── EXTRACTED RECORDS
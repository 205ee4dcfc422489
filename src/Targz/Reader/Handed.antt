-- ===== src/Targz/Reader/Handed.antt =====
-- The decompression does not look at the bytes kept back: what a reader is handed acts on the rest of it.
use spangap_core.Base.{
  ℕ, zero, suc, ◌%◌, ◌+◌, ◌-◌, ◌≡◌, refl, ap, ◌∙◌, inl, inr, Bool, true, false, ◌&&◌, Option, none,
  some, List, [], ◌∷◌, ◌++◌, ◌==◌, Bool-cases, length, drop,
}
use spangap_core.Targz.Tar.{
  Err, ok, err_magic, err_deflate, err_tar, err_unsafe, err_crc, err_truncated, err_sink, err_mem,
  Tar, Callbacks, tar_consume,
}
use spangap_core.Targz.Reader.{
  dict_size, Tinfl, Inflated, InflateStatus, all_done, wants_more, has_failed, is_ok, in_deflate,
  stage_of, consumed, take_output, inflate_on, inflate_turn, inflate_loop, inflate_some, judge,
  feed_run,
}
use spangap_core.Targz.Reader.Hold.{State}

module _ (tn : Tinfl) (cb : Callbacks) where
  abbrev R : Type 0
  R = State tn cb

  -- The reader with other bytes kept back.
  abbrev pub with_hold : List ℕ → R → R
  with_hold h r = record r { hold = h }

  abbrev RunAndRest : Type 0
  RunAndRest = R × List ℕ

  abbrev both : List ℕ → RunAndRest → RunAndRest
  both h (r, left) = (with_hold h r, left)

  consumed-with_hold :
      (h : List ℕ) (r : R) (n : ℕ) (o : Option (Err × Tar cb.Ctx))
      → consumed tn cb (with_hold h r) n o ≡ with_hold h (consumed tn cb r n o)
  unfolding consumed
  consumed-with_hold h r n none = refl
  consumed-with_hold h r n (some (ok, t)) = refl
  consumed-with_hold h r n (some (err_magic, t)) = refl
  consumed-with_hold h r n (some (err_deflate, t)) = refl
  consumed-with_hold h r n (some (err_tar, t)) = refl
  consumed-with_hold h r n (some (err_unsafe, t)) = refl
  consumed-with_hold h r n (some (err_crc, t)) = refl
  consumed-with_hold h r n (some (err_truncated, t)) = refl
  consumed-with_hold h r n (some (err_sink, t)) = refl
  consumed-with_hold h r n (some (err_mem, t)) = refl

  take_output-with_hold :
      (h : List ℕ) (r : R) (out : List ℕ)
      → take_output tn cb (with_hold h r) out ≡ with_hold h (take_output tn cb r out)
  unfolding take_output
  take_output-with_hold h r [] = refl
  take_output-with_hold h r (c ∷ out) =
      consumed-with_hold h
        record r {
          crc = tn.crc32 r.crc (c ∷ out);
          raw_len = (r.raw_len + length (c ∷ out)) % 18446744073709551616;
        }
        (length (c ∷ out)) (tar_consume cb r.tar (c ∷ out))

  module _ (h : List ℕ) (rest : R → List ℕ → RunAndRest)
      (later : (r : R) (p : List ℕ) → rest (with_hold h r) p ≡ both h (rest r p)) where
    inflate_on-with_hold :
        (status : InflateStatus) (stuck : Bool) (r : R) (p : List ℕ)
        → inflate_on tn cb rest status stuck (with_hold h r) p
          ≡ both h (inflate_on tn cb rest status stuck r p)
    unfolding inflate_on
    inflate_on-with_hold all_done stuck r p = refl
    inflate_on-with_hold has_failed stuck r p = refl
    inflate_on-with_hold wants_more true r p = refl
    inflate_on-with_hold wants_more false r p = later r p

    inflate_turn-with_hold :
        (r : R) (p : List ℕ) (d : Inflated tn.D)
        → inflate_turn tn cb rest (with_hold h r) p d ≡ both h (inflate_turn tn cb rest r p d)
    unfolding inflate_turn
    inflate_turn-with_hold r p d =
        let r1 = take_output tn cb record r { inf = d.inf } d.output in
        let stuck = d.taken == 0 && length d.output == 0 in
        rw (take_output-with_hold h record r { inf = d.inf } d.output)
          (elim (Bool-cases (is_ok r1.err)) [
            | inl a ↦ rw a (inflate_on-with_hold d.status stuck r1 (drop d.taken p))
            | inr a ↦ rw a refl
          ])

  inflate_loop-with_hold :
      (h : List ℕ) (fuel : ℕ) (final : Bool) (r : R) (p : List ℕ)
      → inflate_loop tn cb fuel final (with_hold h r) p ≡ both h (inflate_loop tn cb fuel final r p)
  unfolding inflate_loop
  inflate_loop-with_hold h zero final r p = refl
  inflate_loop-with_hold h (suc fuel) final r p = elim (Bool-cases (in_deflate (stage_of r))) [
    | inl a ↦ rw a (
        inflate_turn-with_hold h (inflate_loop tn cb fuel final)
          (inflate_loop-with_hold h fuel final) r p
          (tn.decompress r.inf p (dict_size - r.dict_ofs) final))
    | inr a ↦ rw a refl
  ]

  judge-with_hold :
      (h : List ℕ) (r : R) (left : List ℕ)
      → judge tn cb (with_hold h r, left) ≡ with_hold h (judge tn cb (r, left))
  unfolding judge
  judge-with_hold h r [] = refl
  judge-with_hold h r (c ∷ left) = elim (Bool-cases (is_ok r.err && in_deflate (stage_of r))) [
    | inl a ↦ rw a refl
    | inr a ↦ rw a refl
  ]

  feed_run-with_hold :
      (h : List ℕ) (r : R) (p : List ℕ)
      → feed_run tn cb (with_hold h r) p ≡ with_hold h (feed_run tn cb r p)
  unfolding feed_run inflate_some
  feed_run-with_hold h r [] = refl
  feed_run-with_hold h r (c ∷ p) =
      let fuel = tn.rounds r.inf (c ∷ p) in
      let d = inflate_loop tn cb fuel false r (c ∷ p) in
      elim (Bool-cases (is_ok r.err)) [
        | inl a ↦ rw a (
            ap (judge tn cb) (inflate_loop-with_hold h fuel false r (c ∷ p))
            ∙ judge-with_hold h d.0 d.1)
        | inr a ↦ rw a refl
      ]

  -- Runs handed to the decompressor one after the other.
  unfoldable pub handed : R → List (List ℕ) → R
  handed r [] = r
  handed r (w ∷ ws) = handed (feed_run tn cb r w) ws

  pub handed-with_hold :
      (h : List ℕ) (r : R) (ws : List (List ℕ))
      → handed (with_hold h r) ws ≡ with_hold h (handed r ws)
  unfolding handed
  handed-with_hold h r [] = refl
  handed-with_hold h r (w ∷ ws) =
      ap (λ t. handed t ws) (feed_run-with_hold h r w) ∙ handed-with_hold h (feed_run tn cb r w) ws

  pub handed-append :
      (r : R) (ws xs : List (List ℕ)) → handed r (ws ++ xs) ≡ handed (handed r ws) xs
  unfolding handed
  handed-append r [] xs = refl
  handed-append r (w ∷ ws) xs = handed-append (feed_run tn cb r w) ws xs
────
TASK INSTRUCTIONS: What you should produce is an exact retyping of every line above.

RESULT OF THIS TASK:
repository 205ee4dcfc422489
filename src/Targz/Reader/Handed.antt
-- ===== src/Targz/Reader/Handed.antt =====
-- The decompression does not look at the bytes kept back: what a reader is handed acts on the rest of it.
use spangap_core.Base.{
  ℕ, zero, suc, ◌%◌, ◌+◌, ◌-◌, ◌≡◌, refl, ap, ◌∙◌, inl, inr, Bool, true, false, ◌&&◌, Option, none,
  some, List, [], ◌∷◌, ◌++◌, ◌==◌, Bool-cases, length, drop,
}
use spangap_core.Targz.Tar.{
  Err, ok, err_magic, err_deflate, err_tar, err_unsafe, err_crc, err_truncated, err_sink, err_mem,
  Tar, Callbacks, tar_consume,
}
use spangap_core.Targz.Reader.{
  dict_size, Tinfl, Inflated, InflateStatus, all_done, wants_more, has_failed, is_ok, in_deflate,
  stage_of, consumed, take_output, inflate_on, inflate_turn, inflate_loop, inflate_some, judge,
  feed_run,
}
use spangap_core.Targz.Reader.Hold.{State}

module _ (tn : Tinfl) (cb : Callbacks) where
  abbrev R : Type 0
  R = State tn cb

  -- The reader with other bytes kept back.
  abbrev pub with_hold : List ℕ → R → R
  with_hold h r = record r { hold = h }

  abbrev RunAndRest : Type 0
  RunAndRest = R × List ℕ

  abbrev both : List ℕ → RunAndRest → RunAndRest
  both h (r, left) = (with_hold h r, left)

  consumed-with_hold :
      (h : List ℕ) (r : R) (n : ℕ) (o : Option (Err × Tar cb.Ctx))
      → consumed tn cb (with_hold h r) n o ≡ with_hold h (consumed tn cb r n o)
  unfolding consumed
  consumed-with_hold h r n none = refl
  consumed-with_hold h r n (some (ok, t)) = refl
  consumed-with_hold h r n (some (err_magic, t)) = refl
  consumed-with_hold h r n (some (err_deflate, t)) = refl
  consumed-with_hold h r n (some (err_tar, t)) = refl
  consumed-with_hold h r n (some (err_unsafe, t)) = refl
  consumed-with_hold h r n (some (err_crc, t)) = refl
  consumed-with_hold h r n (some (err_truncated, t)) = refl
  consumed-with_hold h r n (some (err_sink, t)) = refl
  consumed-with_hold h r n (some (err_mem, t)) = refl

  take_output-with_hold :
      (h : List ℕ) (r : R) (out : List ℕ)
      → take_output tn cb (with_hold h r) out ≡ with_hold h (take_output tn cb r out)
  unfolding take_output
  take_output-with_hold h r [] = refl
  take_output-with_hold h r (c ∷ out) =
      consumed-with_hold h
        record r {
          crc = tn.crc32 r.crc (c ∷ out);
          raw_len = (r.raw_len + length (c ∷ out)) % 18446744073709551616;
        }
        (length (c ∷ out)) (tar_consume cb r.tar (c ∷ out))

  module _ (h : List ℕ) (rest : R → List ℕ → RunAndRest)
      (later : (r : R) (p : List ℕ) → rest (with_hold h r) p ≡ both h (rest r p)) where
    inflate_on-with_hold :
        (status : InflateStatus) (stuck : Bool) (r : R) (p : List ℕ)
        → inflate_on tn cb rest status stuck (with_hold h r) p
          ≡ both h (inflate_on tn cb rest status stuck r p)
    unfolding inflate_on
    inflate_on-with_hold all_done stuck r p = refl
    inflate_on-with_hold has_failed stuck r p = refl
    inflate_on-with_hold wants_more true r p = refl
    inflate_on-with_hold wants_more false r p = later r p

    inflate_turn-with_hold :
        (r : R) (p : List ℕ) (d : Inflated tn.D)
        → inflate_turn tn cb rest (with_hold h r) p d ≡ both h (inflate_turn tn cb rest r p d)
    unfolding inflate_turn
    inflate_turn-with_hold r p d =
        let r1 = take_output tn cb record r { inf = d.inf } d.output in
        let stuck = d.taken == 0 && length d.output == 0 in
        rw (take_output-with_hold h record r { inf = d.inf } d.output)
          (elim (Bool-cases (is_ok r1.err)) [
            | inl a ↦ rw a (inflate_on-with_hold d.status stuck r1 (drop d.taken p))
            | inr a ↦ rw a refl
          ])

  inflate_loop-with_hold :
      (h : List ℕ) (fuel : ℕ) (final : Bool) (r : R) (p : List ℕ)
      → inflate_loop tn cb fuel final (with_hold h r) p ≡ both h (inflate_loop tn cb fuel final r p)
  unfolding inflate_loop
  inflate_loop-with_hold h zero final r p = refl
  inflate_loop-with_hold h (suc fuel) final r p = elim (Bool-cases (in_deflate (stage_of r))) [
    | inl a ↦ rw a (
        inflate_turn-with_hold h (inflate_loop tn cb fuel final)
          (inflate_loop-with_hold h fuel final) r p
          (tn.decompress r.inf p (dict_size - r.dict_ofs) final))
    | inr a ↦ rw a refl
  ]

  judge-with_hold :
      (h : List ℕ) (r : R) (left : List ℕ)
      → judge tn cb (with_hold h r, left) ≡ with_hold h (judge tn cb (r, left))
  unfolding judge
  judge-with_hold h r [] = refl
  judge-with_hold h r (c ∷ left) = elim (Bool-cases (is_ok r.err && in_deflate (stage_of r))) [
    | inl a ↦ rw a refl
    | inr a ↦ rw a refl
  ]

  feed_run-with_hold :
      (h : List ℕ) (r : R) (p : List ℕ)
      → feed_run tn cb (with_hold h r) p ≡ with_hold h (feed_run tn cb r p)
  unfolding feed_run inflate_some
  feed_run-with_hold h r [] = refl
  feed_run-with_hold h r (c ∷ p) =
      let fuel = tn.rounds r.inf (c ∷ p) in
      let d = inflate_loop tn cb fuel false r (c ∷ p) in
      elim (Bool-cases (is_ok r.err)) [
        | inl a ↦ rw a (
            ap (judge tn cb) (inflate_loop-with_hold h fuel false r (c ∷ p))
            ∙ judge-with_hold h d.0 d.1)
        | inr a ↦ rw a refl
      ]

  -- Runs handed to the decompressor one after the other.
  unfoldable pub handed : R → List (List ℕ) → R
  handed r [] = r
  handed r (w ∷ ws) = handed (feed_run tn cb r w) ws

  pub handed-with_hold :
      (h : List ℕ) (r : R) (ws : List (List ℕ))
      → handed (with_hold h r) ws ≡ with_hold h (handed r ws)
  unfolding handed
  handed-with_hold h r [] = refl
  handed-with_hold h r (w ∷ ws) =
      ap (λ t. handed t ws) (feed_run-with_hold h r w) ∙ handed-with_hold h (feed_run tn cb r w) ws

  pub handed-append :
      (r : R) (ws xs : List (List ℕ)) → handed r (ws ++ xs) ≡ handed (handed r ws) xs
  unfolding handed
  handed-append r [] xs = refl
  handed-append r (w ∷ ws) xs = handed-append (feed_run tn cb r w) ws xs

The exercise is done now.